Keterangan saksi seperti Patiware memberi warga pegangan baru. Ia menunjukkan bahwa perkara tidak boleh disederhanakan. Ada struktur hukum yang harus dihormati, ada alur bukti yang harus diikuti. Di luar ruang sidang, praktik tata kelola harus diperkuat supaya peristiwa serupa tidak mengulang.
Pelajaran untuk Penerima Hibah dan Rekanan
Dari sidang yang berjalan, dua pelajaran besar mencuat. Penerima hibah wajib memperlakukan NPHD sebagai kitab kerja, bukan sekadar syarat pencairan. Perencanaan matang, dokumentasi rapi, dan kedisiplinan setoran balik adalah triadik yang tidak boleh dinegosiasi.

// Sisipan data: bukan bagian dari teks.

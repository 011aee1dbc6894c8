-- ===== src/Types/Time.antt =====
-- time.Time in UTC: the nanoseconds since the zero Time, January 1 of year 1.
use margin_offer_system.Base.{ℕ, ◌*◌, ◌^◌, Bool}
use margin_offer_system.Base.Int.{ℤ, pos, ltb_ℤ, eqb_ℤ, ◌+ℤ◌, scale}

abbrev pub Time : Type 0
Time = ℤ

abbrev pub before : Time → Time → Bool
before t u = ltb_ℤ t u

abbrev pub after : Time → Time → Bool
after t u = ltb_ℤ u t

abbrev pub zero_time : Time
zero_time = pos 0

abbrev pub is_zero : Time → Bool
is_zero t = eqb_ℤ t zero_time

abbrev pub nanoseconds_per_hour : ℕ
nanoseconds_per_hour = 3600 * 10 ^ 9

-- `t.AddDate(0, 0, days)`: a day of UTC has 24 hours.
unfoldable pub add_days : Time → ℤ → Time
add_days t days = t +ℤ scale (24 * nanoseconds_per_hour) days
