-- ===== src/Types/Error.antt =====
-- The sentinel errors of types/errors.go.
use margin_offer_system.Base.{String, Option, none, some}

pub data Error : Type 0 where
  missing_id missing_collateral_token missing_borrow_token invalid_borrow_amount : Error
  invalid_max_open_ltv invalid_liquidation_ltv invalid_ltv_ratio invalid_interest_rate : Error
  missing_liquidity_source offer_not_found offer_already_exists invalid_offer_type : Error
  invalid_interest_model offer_expired insufficient_liquidity unauthorized_access : Error
  invalid_pagination_params internal_server_error service_unavailable : Error
  store_not_initialized store_connection_lost concurrent_modification : Error
  bulk_operation_failed chain_connection_failed event_processing_failed : Error
  invalid_event_data etl_pipeline_stopped backfill_source_unavailable : Error
  backfill_data_corrupted backfill_timeout invalid_backfill_range : Error

-- The text that `Error` gives for a sentinel.
abbrev pub error_text : Error → String
error_text missing_id = "missing margin offer ID"
error_text missing_collateral_token = "missing collateral token"
error_text missing_borrow_token = "missing borrow token"
error_text invalid_borrow_amount = "invalid borrow amount: must be non-negative"
error_text invalid_max_open_ltv = "invalid max open LTV: must be between 0 and 1"
error_text invalid_liquidation_ltv = "invalid liquidation LTV: must be between 0 and 1"
error_text invalid_ltv_ratio =
    "invalid LTV ratio: liquidation LTV must be greater than max open LTV"
error_text invalid_interest_rate = "invalid interest rate: must be non-negative"
error_text missing_liquidity_source = "missing liquidity source"
error_text offer_not_found = "margin offer not found"
error_text offer_already_exists = "margin offer already exists"
error_text invalid_offer_type = "invalid offer type"
error_text invalid_interest_model = "invalid interest model"
error_text offer_expired = "margin offer has expired"
error_text insufficient_liquidity = "insufficient liquidity available"
error_text unauthorized_access = "unauthorized access to margin offer"
error_text invalid_pagination_params = "invalid pagination parameters"
error_text internal_server_error = "internal server error"
error_text service_unavailable = "service temporarily unavailable"
error_text store_not_initialized = "store not initialized"
error_text store_connection_lost = "store connection lost"
error_text concurrent_modification = "concurrent modification detected"
error_text bulk_operation_failed = "bulk operation failed"
error_text chain_connection_failed = "failed to connect to blockchain"
error_text event_processing_failed = "failed to process blockchain event"
error_text invalid_event_data = "invalid event data received"
error_text etl_pipeline_stopped = "ETL pipeline has stopped"
error_text backfill_source_unavailable = "backfill data source unavailable"
error_text backfill_data_corrupted = "backfill data is corrupted"
error_text backfill_timeout = "backfill operation timed out"
error_text invalid_backfill_range = "invalid backfill time range"

-- The text of an error, where there is one.
abbrev pub text_of : Option Error → Option String
text_of none = none
text_of (some e) = some (error_text e)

Di sisi rekanan, profesionalitas berarti taat kontrak, jujur pada spesifikasi, dan teliti pada pelaporan. Keduanya bertemu dalam satu kata yang sering terasa klise tetapi tetap mutlak: akuntabilitas.
Jika akuntabilitas melekat dalam keseharian, ruang sidang tidak perlu menjadi kamar darurat untuk menyembuhkan penyakit lama. Namun selama kebiasaan abai bertahan, pengadilan akan terus menjadi tempat terakhir menata ulang hal hal yang seharusnya beres sejak awal.
“Kepercayaan publik lahir setiap hari dari hal kecil yang benar, bukan dari pidato panjang usai perkara terlanjur meledak.”
Menunggu Babak Lanjutan
Sidang belum usai. Masih ada saksi yang akan dipanggil, dokumen yang akan dibentangkan, serta perdebatan yang akan ditimbang. Tetapi satu garis sudah ditarik tegas di pengantar bab ini: NPHD mengikat negara dan penerima hibah, bukan pihak rekanan. Bagi tuntutan, ini sinyal untuk merapikan titik autopsi bukti. Bagi pembelaan, ini peluang menegaskan batas peran. Bagi publik, ini kesempatan memahami bahwa perkara hibah bukan labirin tanpa peta, melainkan serangkaian lorong yang bisa dilalui jika lampu dinyalakan satu per satu.
Di luar gedung, langit Makassar tampak cerah. Jalanan kembali ramai, dan orang orang melanjutkan urusan. Di dalam, berkas dilipat, mikrofon dimatikan, tetapi gema satu kalimat saksi masih menggantung: perikatan hibah tidak serta merta menyeret pihak yang tidak menandatanganinya. Dari sana perkara bergerak ke wilayah yang lebih tajam, tempat kontrak, bukti kerja, dan aliran uang bicara tanpa kerumunan kata yang berlebihan.